Turning 60, A 'Happy And Contented' Billy Joel Looks Back

It's April in Manhattan but winter is lingering, a fact Billy Joel notices as he looks out the window of his West Village townhouse.

Joel is mildly surprised. "Oh, my God, it's snowing, look at this."

Yet not much surprises Joel as he approaches his 60th birthday, taking a break from the massively successful Face 2 Face tour with Elton John.

He has sold millions of records, owns multiple box-office records, has endured personal and professional highs and lows, and has firmly secured his place in rock'n'roll history. Those who know him best say Joel's in a good place now, although that may not always have been the case.

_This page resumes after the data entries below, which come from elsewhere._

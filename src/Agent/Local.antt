-- ===== src/Agent/Local.antt =====
-- crates/is-agent/src/lib.rs: the operations that leave the document alone.
use Prim.Native.String.{String}
use inputshare.Base.{
  ℕ, ◌==◌, Bool, true, false, ◌||◌, ◌&&◌, Option, none, some, List, [], ◌∷◌, ◌++◌, if◌then◌else◌,
}
use inputshare.Model.Query.{machine}
use inputshare.Store.{Codec, Fault}
use inputshare.Store.Files.{LocalPrefs, load_prefs, save_prefs}
use inputshare.Service.{SocketAddr}
use inputshare.Sharing.{InputEvent}
use inputshare.Agent.{Agent, NetCall, announce_change, call_net}
use inputshare.Agent.Facts.{same_bool}
use inputshare.Agent.Commands.{refused, Result, ok, err}

abbrev pub same_owner : Option ℕ → Option ℕ → Bool
same_owner none none = true
same_owner (some a) (some b) = a == b
same_owner _ _ = false

abbrev same_addr : SocketAddr → SocketAddr → Bool
same_addr a b = a.ip == b.ip && a.port == b.port

unfoldable pub has_addr : List SocketAddr → SocketAddr → Bool
has_addr [] addr = false
has_addr (x ∷ xs) addr = same_addr x addr || has_addr xs addr

unfoldable pub without_addr : List SocketAddr → SocketAddr → List SocketAddr
without_addr [] addr = []
without_addr (x ∷ xs) addr =
    let rest = without_addr xs addr in if same_addr x addr then rest else x ∷ rest

unfoldable pub note_cursor_owner : Option ℕ → Agent → Agent
note_cursor_owner owner a =
    if same_owner a.cursor_owner owner
    then a
    else announce_change (record a { cursor_owner = owner })

-- Takes the announcement out.
unfoldable pub take_announced_owner : Agent → Option ℕ × Agent
take_announced_owner a = (a.announced_owner, record a { announced_owner = none })

unfoldable pub add_manual_peer : SocketAddr → Agent → Agent
unfolding announce_change call_net
add_manual_peer addr a =
    let kept =
      if has_addr a.manual_peers addr then a.manual_peers else a.manual_peers ++ addr ∷ [] in
    announce_change (call_net (NetCall.add_manual_peer addr) (record a { manual_peers = kept }))

unfoldable pub forget_manual_peer : SocketAddr → Agent → Agent
unfolding announce_change call_net
forget_manual_peer addr a = announce_change (
    call_net (NetCall.forget_manual_peer addr)
      (record a { manual_peers = without_addr a.manual_peers addr }))

unfoldable pub announce_cursor_owner : ℕ → Agent → Agent
unfolding call_net
announce_cursor_owner machine a = call_net (NetCall.announce_cursor_owner machine) a

unfoldable pub send_input : ℕ → List InputEvent → Agent → Agent
unfolding call_net
send_input to events a = call_net (NetCall.send_input to events) a

unfoldable pub rescan : Agent → Agent
unfolding call_net
rescan a = call_net NetCall.rescan a

abbrev pub discovery_port : Agent → ℕ
discovery_port a = elim a.doc [ none ↦ 47451 | some doc ↦ doc.settings.value.discovery_port ]

module _ (prefs : Codec LocalPrefs) where
  -- A choice that is not there yet is written; a failure is logged and dropped.
  unfoldable pub remember_sharing : Bool → Option Fault → Agent → Agent
  remember_sharing enabled fault a =
      let found = load_prefs prefs a.disk in
      if same_bool found.sharing enabled then a else record a {
        disk = (save_prefs prefs (record found { sharing = enabled }) fault a.disk).1;
      }

  unfoldable pub sharing_was_on : Agent → Bool
  sharing_was_on a = (load_prefs prefs a.disk).sharing

  -- `sharing::start` and the end of its loop, which gives the input of peers back. The first argument
  -- says why the capture of input does not start, if it does not.
  abbrev pub switch : Option String → Bool → Agent → Result (Unit {0}) × Agent
  switch none true a =
      (ok tt, announce_change (record a { sharing = true; remote_input = some [] }))
  switch (some reason) true a = (err (refused reason), a)
  switch failure false a = (
    ok tt,
    announce_change (note_cursor_owner none (record a { sharing = false; remote_input = none })),
  )

  unfoldable pub set_sharing :
      Option String → Bool → Option Fault → Agent → Result (Unit {0}) × Agent
  unfolding remember_sharing announce_change note_cursor_owner
  set_sharing failure enabled fault a =
      let chosen = remember_sharing enabled fault a in
      if same_bool enabled chosen.sharing then (ok tt, chosen) else switch failure enabled chosen
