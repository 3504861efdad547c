-- ===== src/Agent/Events.antt =====
-- crates/is-agent/src/lib.rs: the first launch, what the network reports, and which of two
-- configurations gives way to the other.
use Prim.Native.String.{String}
use Prim.Native.Nat.{compare, Ordering}
use inputshare.Base.{ℕ, Bool, true, false, Option, none, some, [], ltb, if◌then◌else◌}
use inputshare.BTreeMap.{get, insert, remove}
use inputshare.Model.{WorkspaceDoc, MachineRecord}
use inputshare.Model.Edits.{create}
use inputshare.Store
use inputshare.Store.{Codec, Fault, Bytes}
use inputshare.Store.Files.{
  Identity, Disk, Backup, load_or_create_identity, load_workspace, save_workspace, clear_workspace,
  export_backup,
}
use inputshare.Service.{Event}
use inputshare.Session.{size_of}
use inputshare.Agent.{Agent, Candidate, announce_change, add_online, drop_online}
use inputshare.Agent.Local.{rescan}
use inputshare.Agent.Commands.{Result, ok, err, core}

-- Nothing is known of the network at first.
abbrev pub started : Identity → Disk → WorkspaceDoc → Agent
started identity disk doc = record {
  identity = identity;
  disk = disk;
  doc = some doc;
  online = [];
  candidates = [];
  pending_trust = [];
  manual_peers = [];
  announced_owner = none;
  remote_input = none;
  cursor_owner = none;
  sharing = false;
  net = false;
  calls = [];
  notices = 0;
  injected = [];
}

module _ (ids : Codec Identity) (docs : Codec WorkspaceDoc) where
  abbrev pub first_saved :
      Identity → WorkspaceDoc → Store.Result (Unit {0}) × Disk → Result Agent × Disk
  first_saved identity doc (Store.ok done, disk) = (ok (started identity disk doc), disk)
  first_saved identity doc (Store.err e, disk) = (err (core e), disk)

  abbrev pub with_workspace :
      Option Fault
      → (Identity → WorkspaceDoc)
      → Identity
      → Disk
      → Store.Result (Option WorkspaceDoc)
      → Result Agent × Disk
  with_workspace fault first identity disk (Store.err e) = (err (core e), disk)
  with_workspace fault first identity disk (Store.ok (some doc)) =
      (ok (started identity disk doc), disk)
  with_workspace fault first identity disk (Store.ok none) =
      first_saved identity (first identity) (save_workspace docs (first identity) fault disk)

  abbrev pub with_identity :
      Option Fault → (Identity → WorkspaceDoc) → Store.Result Identity × Disk → Result Agent × Disk
  with_identity fault first (Store.err e, disk) = (err (core e), disk)
  with_identity fault first (Store.ok identity, disk) =
      with_workspace fault first identity disk (load_workspace docs disk)

  -- `local` is the record of this machine; the fresh identity and uuid are arguments, and each of the
  -- two writes may have a fault.
  unfoldable pub load :
      Identity
      → (Identity → MachineRecord)
      → String
      → ℕ
      → ℕ
      → Option Fault
      → Option Fault
      → Disk
      → Result Agent × Disk
  unfolding create
  load fresh local computer uuid now_ms fault later disk =
      with_identity later (λ identity. create computer (local identity) uuid now_ms)
        (load_or_create_identity ids fresh fault disk)

-- Both sides compare the same two numbers, and the identifiers when those are equal.
unfoldable pub should_yield : WorkspaceDoc → ℕ → ℕ → Bool
should_yield ours their_workspace their_size = elim (compare (size_of (some ours)) their_size) [
  | Ordering.lt ↦ true
  | Ordering.gt ↦ false
  | Ordering.eq ↦ ltb their_workspace ours.workspace_id
]

-- The copy of what is given up is written elsewhere; making it mints an identity if there is none.
-- The argument `refusal` is the removal that the system refuses.
module _ (ids : Codec Identity) (docs : Codec WorkspaceDoc) (backups : Codec Backup) where
  abbrev pub cleared : Store.Result (Unit {0}) × Disk → Agent → Result (Unit {0}) × Agent
  cleared (Store.err e, disk) a = (err (core e), record a { disk = disk })
  cleared (Store.ok done, disk) a = (ok tt, rescan (announce_change (record a { disk = disk })))

  unfoldable pub adopt_configuration_of :
      Identity → Option Fault → Option ℕ → ℕ → ℕ → Agent → Result (Unit {0}) × Agent
  unfolding announce_change rescan drop_online
  adopt_configuration_of fresh fault refusal id their_key a =
      let rescued = (export_backup ids docs backups fresh fault a.disk).1 in
      cleared (clear_workspace refusal rescued) (record a {
        doc = none;
        online = drop_online a.online id;
        pending_trust = insert a.pending_trust id their_key;
      })

  abbrev pub yielded :
      Identity → Option Fault → Option ℕ → ℕ → ℕ → ℕ → ℕ → Agent → Option WorkspaceDoc → Agent
  yielded fresh fault refusal id key theirs size a none = a
  yielded fresh fault refusal id key theirs size a (some doc) =
      if should_yield doc theirs size
      then (adopt_configuration_of fresh fault refusal id key a).1
      else a

  abbrev pub or_candidate : Option Candidate → Candidate → Candidate
  or_candidate none c = c
  or_candidate (some known) c = known

  unfoldable pub on_net_event : Identity → Option Fault → Option ℕ → ℕ → Event → Agent → Agent
  unfolding adopt_configuration_of should_yield announce_change add_online drop_online
  on_net_event fresh fault refusal now_ms (Event.different_workspaces id name key theirs size) a =
      yielded fresh fault refusal id key theirs size a a.doc
  on_net_event fresh fault refusal now_ms (Event.online id) a =
      announce_change
        (record a { online = add_online a.online id; candidates = remove a.candidates id })
  on_net_event fresh fault refusal now_ms (Event.offline id reason) a =
      announce_change (record a { online = drop_online a.online id })
  on_net_event fresh fault refusal now_ms (Event.candidate id name key workspace_id addr invited_us)
        a =
      announce_change (record a {
        candidates = insert a.candidates id (record {
          machine_id = id;
          display_name = name;
          identity_key = key;
          invited_us = invited_us;
          addr = addr;
          last_seen_ms = now_ms;
          has_workspace = elim workspace_id [ none ↦ false | some w ↦ true ];
        });
      })
  on_net_event fresh fault refusal now_ms (Event.rejected id key addr) a =
      announce_change (record a {
        candidates = insert a.candidates id (
            or_candidate (get a.candidates id) (record {
              machine_id = id;
              display_name = "Unknown computer";
              identity_key = key;
              invited_us = false;
              addr = addr;
              last_seen_ms = now_ms;
              has_workspace = true;
            }));
      })
  on_net_event fresh fault refusal now_ms Event.workspace_changed a = a
  on_net_event fresh fault refusal now_ms (Event.sighted id) a = a
  on_net_event fresh fault refusal now_ms (Event.connecting id) a = a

"It's a different Billy I'm seeing on this tour, a very happy and contented one," John says. "He's always been funny, always been razor-sharp, but this is a very happy and contented Billy, and I'm very happy that he's found that space to be in."

Joel turns 60 May 9, a milestone he plans on marking with "a nice, big dinner, eat really good food and enjoy each other's company. There's not going to be any wing-ding masquerade ball, no over-the-top rock'n'roll affair, just a big family dinner." Joel seems, in a word, comfortable. He's generous with his time, warm and witty in his recollections and seemingly at peace. And he still doesn't take any shit from anybody.

Do you do any kind of assessment at this point of your life and career?

I'm not a looking-back kind of person. What I've realized about turning 60 is I'm not just one age, I'm every age I've ever been. Sometimes I'm 11, sometimes 16, sometimes I'm 25, sometimes I'm 38, sometimes I'm 42, sometimes I'm in my 50s. I'm all over the place. And it comes in handy, especially in this line of work.

Growing up in Hicksville, N.Y., was being a professional musician a dream of yours?

Oh, yeah, I knew when I was a little boy I was going to have some kind of career with music, because I've loved music as long as I can remember. I just didn't know what form it would take. Hicksville is just a blue-collar area, working-class people. Most people after high school went into the service, some went on to college. Being a musician wasn't really a viable option for people from that neck of the woods.

But, we were right next to New York City, so we got all that music coming out of New York. There were always great bands coming through, great music on the radio, always something exciting in New York City.

I knew when I played my first gig in 1964, the same year the Beatles came out. I hooked up with a band [the Echoes] and played at a church dance. I just had such a blast doing it. We were making this great noise, this girl I had a crush on actually looked at me. And then at the end of the night the priest gave us each $15. I guess in 1964 that was like $15,000 to a kid that age. So I said, "That's it. That's what I'm doing." And there was never any question about it after that.